-- ===== src/Pkg/Plan/Closed.antt =====
-- What it means that a plan is closed under dependencies (src/pkg_plan.c: expand).
use mathlib.Core.Option.{some-injective}
use mathlib.Core.Path.{subst}
use guppy.Prelude.{
  ℕ, zero, suc, ◌<◌, ◌≡◌, ◌⊎◌, inl, inr, sym, ap, ◌∙◌, Bool, true, false, some, arith, ◌||◌, List,
  [], ◌∷◌, ◌++◌, length, Bool-cases,
}
use guppy.Ascii.{Bytes, same}
use guppy.Deb.Depend.{DebDepGroup, Parsed, parsed, failed, deb_dep_parse}
use guppy.Pkg.Repo.{PkgRepoEntry, PkgRepo}
use guppy.Pkg.Choose.{choose_alt}
use guppy.Pkg.Plan.{Node, node_at, update, new_node, position, set_done}
use guppy.Pkg.Plan.Kept.{Kept}

abbrev pub InPlan : List Node → PkgRepoEntry → Type 0
InPlan ns d = position d.package_name ns < length ns

-- A node is done or being visited.
abbrev pub settled : Node → Bool
settled n = n.done || n.visiting

abbrev pub Settled : List Node → Type 0
Settled [] = Unit {0}
Settled (n ∷ ns) = (settled n ≡ true) × Settled ns

-- All nodes but the one at `k`.
abbrev pub SettledBut : (k : ℕ) → List Node → Type 0
SettledBut k [] = Unit {0}
SettledBut zero (n ∷ ns) = Settled ns
SettledBut (suc k) (n ∷ ns) = (settled n ≡ true) × SettledBut k ns

module _ (repo : PkgRepo) where
  -- The group is satisfied by the target and the repository has nothing for it, or what is chosen
  -- for it is in the plan.
  abbrev pub Met : List Node → DebDepGroup → Type 0
  Met ns g =
      ((choose_alt repo g).is_inst ≡ 2)
      ⊎ ((d : PkgRepoEntry) × ((choose_alt repo g).entry ≡ some d) × InPlan ns d)

  abbrev pub AllMet : List Node → List DebDepGroup → Type 0
  AllMet ns [] = Unit {0}
  AllMet ns (g ∷ gs) = Met ns g × AllMet ns gs

  abbrev pub MetParsed : List Node → Parsed (List DebDepGroup) → Type 0
  MetParsed ns (parsed gs) = AllMet ns gs
  MetParsed ns (failed code) = ⊥

  abbrev pub MetField : List Node → Bytes → Type 0
  MetField ns [] = Unit {0}
  MetField ns (c ∷ cs) = MetParsed ns (deb_dep_parse (c ∷ cs))

  -- Every dependency of an entry is met.
  abbrev pub ClosedEntry : List Node → PkgRepoEntry → Type 0
  ClosedEntry ns e = MetField ns e.pre_depends × MetField ns e.depends

  abbrev pub ClosedNodes : (plan : List Node) → List Node → Type 0
  ClosedNodes plan [] = Unit {0}
  ClosedNodes plan (n ∷ ns) = (n.done ≡ true → ClosedEntry plan n.e) × ClosedNodes plan ns

-- A package that is in one plan is in the other.
abbrev pub NamesKept : List Node → List Node → Type 0
NamesKept ns ms = (name : Bytes) → position name ns < length ns → position name ms < length ms

pub position-Kept :
    (name : Bytes) (ns ms : List Node)
    → Kept ns ms
    → position name ns < length ns
    → position name ms < length ms
unfolding position
position-Kept name [] ms k h = absurd (omega arith)
position-Kept name (n ∷ ns) [] k h = absurd k
position-Kept name (n ∷ ns) (m ∷ ms) k h = elim (Bool-cases (same n.e.package_name name)) [
  | inl e ↦
      let e' : same m.e.package_name name ≡ true =
        ap (λ (x : PkgRepoEntry). same x.package_name name) k.0.same_entry ∙ e in
      rw e' (omega arith)
  | inr e ↦
      let e' : same m.e.package_name name ≡ false =
        ap (λ (x : PkgRepoEntry). same x.package_name name) k.0.same_entry ∙ e in
      let h' : suc (position name ns) < suc (length ns) = rw e at h in
      let r = position-Kept name ns ms k.1 (omega (arith, h')) in rw e' (omega (arith, r))
]

pub Kept-NamesKept : (ns ms : List Node) → Kept ns ms → NamesKept ns ms
Kept-NamesKept ns ms k name h = position-Kept name ns ms k h

pub update-NamesKept :
    (i : ℕ) (f : Node → Node) (ns : List Node)
    → ((n : Node) → (f n).e ≡ n.e)
    → NamesKept ns (update i f ns)
unfolding position
update-NamesKept i f [] k name h = h
update-NamesKept zero f (n ∷ ns) k name h =
    let e = ap (λ (x : PkgRepoEntry). same x.package_name name) (k n) in rw e h
update-NamesKept (suc i) f (n ∷ ns) k name h = elim (Bool-cases (same n.e.package_name name)) [
  | inl e ↦ rw e (omega arith)
  | inr e ↦
      let h' : suc (position name ns) < suc (length ns) = rw e at h in
      let r = update-NamesKept i f ns k name (omega (arith, h')) in rw e (omega (arith, r))
]

module _ (repo : PkgRepo) where
  pub AllMet-NamesKept :
      (ns ms : List Node) (gs : List DebDepGroup)
      → NamesKept ns ms
      → AllMet repo ns gs
      → AllMet repo ms gs
  AllMet-NamesKept ns ms [] k h = tt
  AllMet-NamesKept ns ms (g ∷ gs) k h = (met ns ms g k h.0, AllMet-NamesKept ns ms gs k h.1)
    where
      met : (ns ms : List Node) (g : DebDepGroup) → NamesKept ns ms → Met repo ns g → Met repo ms g
      met ns ms g k (inl a) = inl a
      met ns ms g k (inr (d, e, i)) = inr (d, e, k d.package_name i)

  MetParsed-NamesKept :
      (ns ms : List Node) (r : Parsed (List DebDepGroup))
      → NamesKept ns ms
      → MetParsed repo ns r
      → MetParsed repo ms r
  MetParsed-NamesKept ns ms (parsed gs) k h = AllMet-NamesKept ns ms gs k h
  MetParsed-NamesKept ns ms (failed code) k h = h

  pub MetField-NamesKept :
      (ns ms : List Node) (s : Bytes) → NamesKept ns ms → MetField repo ns s → MetField repo ms s
  MetField-NamesKept ns ms [] k h = tt
  MetField-NamesKept ns ms (c ∷ cs) k h = MetParsed-NamesKept ns ms (deb_dep_parse (c ∷ cs)) k h

  pub ClosedNodes-NamesKept :
      (ps qs ns : List Node) → NamesKept ps qs → ClosedNodes repo ps ns → ClosedNodes repo qs ns
  ClosedNodes-NamesKept ps qs [] k h = tt
  ClosedNodes-NamesKept ps qs (n ∷ ns) k h = (
    λ d. let (a, b) = h.0 d in (MetField-NamesKept ps qs _ k a, MetField-NamesKept ps qs _ k b),
    ClosedNodes-NamesKept ps qs ns k h.1,
  )

  -- A change that neither renames a node nor makes it done.
  pub ClosedNodes-update :
      (plan : List Node) (i : ℕ) (f : Node → Node) (ns : List Node)
      → ((n : Node) → ((f n).e ≡ n.e) × ((f n).done ≡ n.done))
      → ClosedNodes repo plan ns
      → ClosedNodes repo plan (update i f ns)
  ClosedNodes-update plan i f [] k h = tt
  ClosedNodes-update plan zero f (n ∷ ns) k h =
      (λ d. subst (ClosedEntry repo plan) (sym (k n).0) (h.0 (sym (k n).1 ∙ d)), h.1)
  ClosedNodes-update plan (suc i) f (n ∷ ns) k h = (h.0, ClosedNodes-update plan i f ns k h.1)

  pub ClosedNodes-set_done :
      (plan : List Node) (i : ℕ) (n : Node) (ns : List Node)
      → node_at i ns ≡ some n
      → ClosedEntry repo plan n.e
      → ClosedNodes repo plan ns
      → ClosedNodes repo plan (update i set_done ns)
  ClosedNodes-set_done plan i n [] e c h = tt
  ClosedNodes-set_done plan zero n (m ∷ ns) e c h =
      (λ d. subst (λ (x : Node). ClosedEntry repo plan x.e) (sym (some-injective m n e)) c, h.1)
  ClosedNodes-set_done plan (suc i) n (m ∷ ns) e c h =
      (h.0, ClosedNodes-set_done plan i n ns e c h.1)

  pub ClosedNodes-append :
      (plan ns : List Node) (e : PkgRepoEntry)
      → ClosedNodes repo plan ns
      → ClosedNodes repo plan (ns ++ new_node e ∷ [])
  ClosedNodes-append plan [] e h = (λ d. absurd (ground (arith, d)), tt)
  ClosedNodes-append plan (n ∷ ns) e h = (h.0, ClosedNodes-append plan ns e h.1)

Work instruction
Taking the listing above as a whole, state how many of its lines hold the string "same". No other output is permitted.

Written answer
8